Extracted data Start Marker

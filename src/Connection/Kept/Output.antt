-- ===== src/Connection/Kept/Output.antt =====
-- `poll_output` keeps what is kept.
use cobs_io_async_rs.Connection.Kept.{Begun, IsOutputKept}
use cobs_io_async_rs.Connection.Output.{
  begin_output, pending_output, wrote, write_output, flush_polled, flush_output, run_output,
  drive_output, poll_output,
}
use cobs_io_async_rs.Connection.State.{Frame, Out, out_idle, writing, flushing, Reliable, Outcome}
use cobs_io_async_rs.Prelude.Exec.Ensures.{Ensures, bind-Ensures, Ensures-any}
use cobs_io_async_rs.Prelude.{
  ℕ, zero, suc, ◌+◌, min, Option, none, some, Result, ok, err, length, ◌==◌, if◌then◌else◌,
}
use cobs_io_async_rs.Transport.{Waker, Poll, ready, pending, Transport, Timer}

module _ {T C E : Type 0} (link : Transport T E) (clock : Timer C) (P : Reliable T C E → Type 0)
    (k : IsOutputKept link clock P) where
  abbrev After : Outcome T C E → Type 0
  After (c, r) = P c

  wrote_kept :
      (frame : Frame) (offset len n : ℕ) (c : Reliable T C E) (p : Poll (Result ℕ E))
      → P c
      → After (wrote link clock frame offset len n c p)
  unfolding wrote
  wrote_kept frame offset len n c pending v = v
  wrote_kept frame offset len n c (ready (err e)) v = v
  wrote_kept frame offset len n c (ready (ok zero)) v = v
  wrote_kept frame offset len n c (ready (ok (suc j))) v =
      k.moved
        (if offset + min (suc j) n == len
          then flushing frame
          else writing frame (offset + min (suc j) n))
        c v

  write_output_kept :
      (cx : Waker) (frame : Frame) (offset : ℕ) (c : Reliable T C E)
      → P c
      → Ensures After (write_output link clock cx frame offset c)
  unfolding write_output
  write_output_kept cx frame offset c v =
      bind-Ensures (λ p. Unit {0}) After (pending_output link clock frame offset c) _
        (Ensures-any (pending_output link clock frame offset c))
        (λ p e.
          let t = link.poll_write c.transport cx p.0 in
          wrote_kept frame offset p.1 (length p.0) (record c { transport = t.0 }) t.1
            (k.writes_to c cx p.0 v))

  flush_polled_kept :
      (frame : Frame) (c : Reliable T C E) (p : Poll (Result (Unit {0}) E))
      → P c
      → After (flush_polled link clock frame c p)
  unfolding flush_polled
  flush_polled_kept frame c pending v = v
  flush_polled_kept frame c (ready (err e)) v = v
  flush_polled_kept frame c (ready (ok u)) v = k.flushes frame c v

  run_output_kept :
      (cx : Waker) (out : Out) (c : Reliable T C E)
      → P c
      → Ensures After (run_output link clock cx out c)
  unfolding run_output flush_output
  run_output_kept cx out_idle c v = v
  run_output_kept cx (writing frame offset) c v = write_output_kept cx frame offset c v
  run_output_kept cx (flushing frame) c v =
      let t = link.poll_flush c.transport cx in
      flush_polled_kept frame (record c { transport = t.0 }) t.1 (k.flushes_to c cx v)

  drive_output_kept :
      (cx : Waker) (budget : ℕ) (begun : Option (Reliable T C E)) (c : Reliable T C E)
      → Begun P begun
      → P c
      → Ensures (λ r. After r.1) (drive_output link clock cx budget begun c)
  unfolding drive_output
  drive_output_kept cx budget none c b v = v
  drive_output_kept cx zero (some c') c b v = b
  drive_output_kept cx (suc left) (some c') c b v =
      bind-Ensures After (λ r. After r.1) (run_output link clock cx c'.out c') _
        (run_output_kept cx c'.out c' b) (λ o v'. v')

  pub poll_output_kept :
      (cx : Waker) (budget : ℕ) (c : Reliable T C E)
      → P c
      → Ensures (λ r. After r.1) (poll_output link clock cx budget c)
  unfolding poll_output
  poll_output_kept cx budget c v =
      bind-Ensures (Begun P) (λ r. After r.1) (begin_output link clock c.out c.ack_pending c) _
        (k.begun c v) (λ begun b. drive_output_kept cx budget begun c b v)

Extracted data End Marker

How to complete this task:
Return a copy of every line in the records that includes the string "ready".

Output below:
use cobs_io_async_rs.Transport.{Waker, Poll, ready, pending, Transport, Timer}
  wrote_kept frame offset len n c (ready (err e)) v = v
  wrote_kept frame offset len n c (ready (ok zero)) v = v
  wrote_kept frame offset len n c (ready (ok (suc j))) v =
  flush_polled_kept frame c (ready (err e)) v = v
  flush_polled_kept frame c (ready (ok u)) v = k.flushes frame c v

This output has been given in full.